Es cierto que las conductas aprendidas dominarán la mayor parte de las actividades humanas, particularmente la de los adultos, y sin embargo la capacidad de aprender tiene su origen en las instrucciones instintivas que la hacen posible, pues, ¿de donde más podrían venir?

Que queramos o no reconocer este hecho, tiene que ver más con las expectativas que con cualquier otra cosa, y por supuesto toda expectativa está fundada en una creencia. Entonces el camino que nos llevará a responder las preguntas acerca de la naturaleza de las facultades mentales humanas, debe comenzar, necesariamente, por reconocer las funciones instintivas ocultas tras nuestros autoproclamados “elevados” procesos mentales.

Una función instintiva es aquella que se activa de forma mecánica cuando condiciones objetivas disparan ciertas reacciones orgánicas de naturaleza físico-químicas. Al buscar relacionar este tipo de reacciones y respuestas con las que operan en los procesos mentales, surge de inmediato la pregunta, cuales podrían ser las que cumplen con el papel de dar comienzo al proceso del aprendizaje, el conocimiento y toda consecuencia posterior.

Resulta que hay un tipo de instrucción instintiva, que nosotros hemos llamado inespecífica, y que opera en todo momento y lugar frente a cualquier evento perceptivo, desencadenado así respuestas que van desde una acción enérgica, hasta algunas muy sutiles y casi imperceptibles. Estas respuestas corresponden a las que conocemos como sensaciones. A través de la historia las sensaciones han sido descritas una y otra vez, como fenómenos asociados al conocimiento empírico y por lo tanto a los sentidos. Sin embargo la comprensión de su verdadera relación con la obtención del conocimiento, se ha visto obstaculizada justamente por las diversas ideas preconcebidas respecto de lo que se supone debe éste debe ser.

Sabemos que cualquier función orgánica depende de reacciones materiales reales, así que cada acción es parte o la resultante de un proceso. En este contexto de causas y efectos sucesivos, las sensaciones se inscriben como reacciones orgánicas a la percepción, que tienen su punto de partida en las señales emitidas al cerebro por los órganos sensoriales.
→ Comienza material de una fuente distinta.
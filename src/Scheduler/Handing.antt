-- ===== src/Scheduler/Handing.antt =====
-- src/scheduler.rs: handing out batches keeps the invariant.
use hataori_rs.Prelude.{
  ℕ, ◌+◌, min, ◌≡◌, refl, true, false, none, some, ◌||◌, inl, inr, arith, length, ok, is_empty,
  take, drop, Bool-cases, length-drop, subst,
}
use hataori_rs.Prelude.Int.{int_key}
use hataori_rs.Scheduler.State.{LaneState, kind, Coordinator, Batch}
use hataori_rs.Scheduler.Batches.{metadata}
use hataori_rs.Scheduler.Ops.{make_batch, next_root_batch, root_turn, start_root}
use hataori_rs.Scheduler.Places.{held, count-take-drop}
use hataori_rs.Scheduler.Invariant.{Inv, Safe, RootShape}

module _ {T U : Type 0} where
  abbrev pub cut_count : Coordinator T U → ℕ
  cut_count c = min c.batch_size (length c.pending)

  -- The batch that is cut next, and the coordinator without it.
  abbrev pub next_batch : Coordinator T U → Batch T
  next_batch c = record { id = c.next_batch_id; items = take (cut_count c) c.pending }

  abbrev pub without_next : Coordinator T U → Coordinator T U
  without_next c = record c {
    pending = drop (cut_count c) c.pending;
    next_batch_id = c.next_batch_id + 1;
  }

  pub make_batch_lem :
      (c : Coordinator T U)
      → Inv c
      → (c.failed || is_empty c.pending) ≡ false
      → make_batch c ≡ (ok (some (next_batch c)), without_next c)
  unfolding make_batch
  make_batch_lem c v h = ground arith

  -- A batch that goes to a lane takes its indices with it.
  module _ (c : Coordinator T U) (v : Inv c)
      (open_ : (c.failed || is_empty c.pending) ≡ false) where
    given_root :
        c.root ≡ LaneState.idle
        → Inv (record (without_next c) {
          root = LaneState.running (metadata (next_batch c)) none false;
        })
    given_root e = record {
      once = λ i. ground (arith, v.once i, count-take-drop i (cut_count c) c.pending);
      kept = λ ok_ i. ground (arith, v.kept ok_ i, count-take-drop i (cut_count c) c.pending);
      cleared = λ bad. ground arith;
      stopped_empty = λ bad. ground arith;
      fresh = λ j. ground (arith, v.fresh j);
      budget = ground (arith, v.budget, v.nonzero, length-drop (cut_count c) c.pending);
      addressable = v.addressable;
      nonzero = v.nonzero;
      root_shape = tt;
      remote_shapes = v.remote_shapes;
    }

  root_stops :
      (c : Coordinator T U)
      → Inv c
      → held 0 c.root ≡ held 0 LaneState.idle
      → (c.failed || is_empty c.pending) ≡ true
      → c.root ≡ LaneState.idle
      → Inv (record c { root = LaneState.stopped })
  root_stops c v _ done e = record {
    once = λ i. ground (arith, v.once i);
    kept = λ ok_ i. ground (arith, v.kept ok_ i);
    cleared = v.cleared;
    stopped_empty = λ _. ground (arith, v.cleared);
    fresh = λ j. ground (arith, v.fresh j);
    budget = v.budget;
    addressable = v.addressable;
    nonzero = v.nonzero;
    root_shape = tt;
    remote_shapes = v.remote_shapes;
  }

  start_root-Safe :
      (c : Coordinator T U) → Inv c → c.root ≡ LaneState.idle → Safe c (λ _ s. Inv s) (start_root c)
  unfolding start_root
  start_root-Safe c v e = elim (Bool-cases (c.failed || is_empty c.pending)) [
    | inl done ↦ rw done (root_stops c v (ground arith) done e)
    | inr more ↦ rw (more, make_batch_lem c v more) (given_root c v more e)
  ]

  root_turn-Safe :
      (c : Coordinator T U) (state : LaneState)
      → Inv c
      → c.root ≡ state
      → Safe c (λ _ s. Inv s) (root_turn (kind state) c)
  unfolding root_turn
  root_turn-Safe c LaneState.idle v e = start_root-Safe c v e
  root_turn-Safe c (LaneState.running current prefetched stopping) v e = refl
  root_turn-Safe c LaneState.stopped v e = v
  root_turn-Safe c LaneState.drained v e = absurd (subst RootShape e v.root_shape)

  pub next_root_batch-Safe :
      (c : Coordinator T U) → Inv c → Safe c (λ _ s. Inv s) (next_root_batch c)
  unfolding next_root_batch
  next_root_batch-Safe c v = root_turn-Safe c c.root v refl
Luego, no hay otra posibilidad que atribuirles un origen genético o instintivo, puesto que ellas se producen al margen de la “voluntad” y del conocimiento previo. Lo que es más, sus distintas “manifestaciones” nos serán totalmente desconocidas hasta que se activen por primera vez. Esto significa que nadie podrá conocer ni recordar las sensaciones que producen un sabor, un aroma, un sonido, etc. que no haya percibido antes.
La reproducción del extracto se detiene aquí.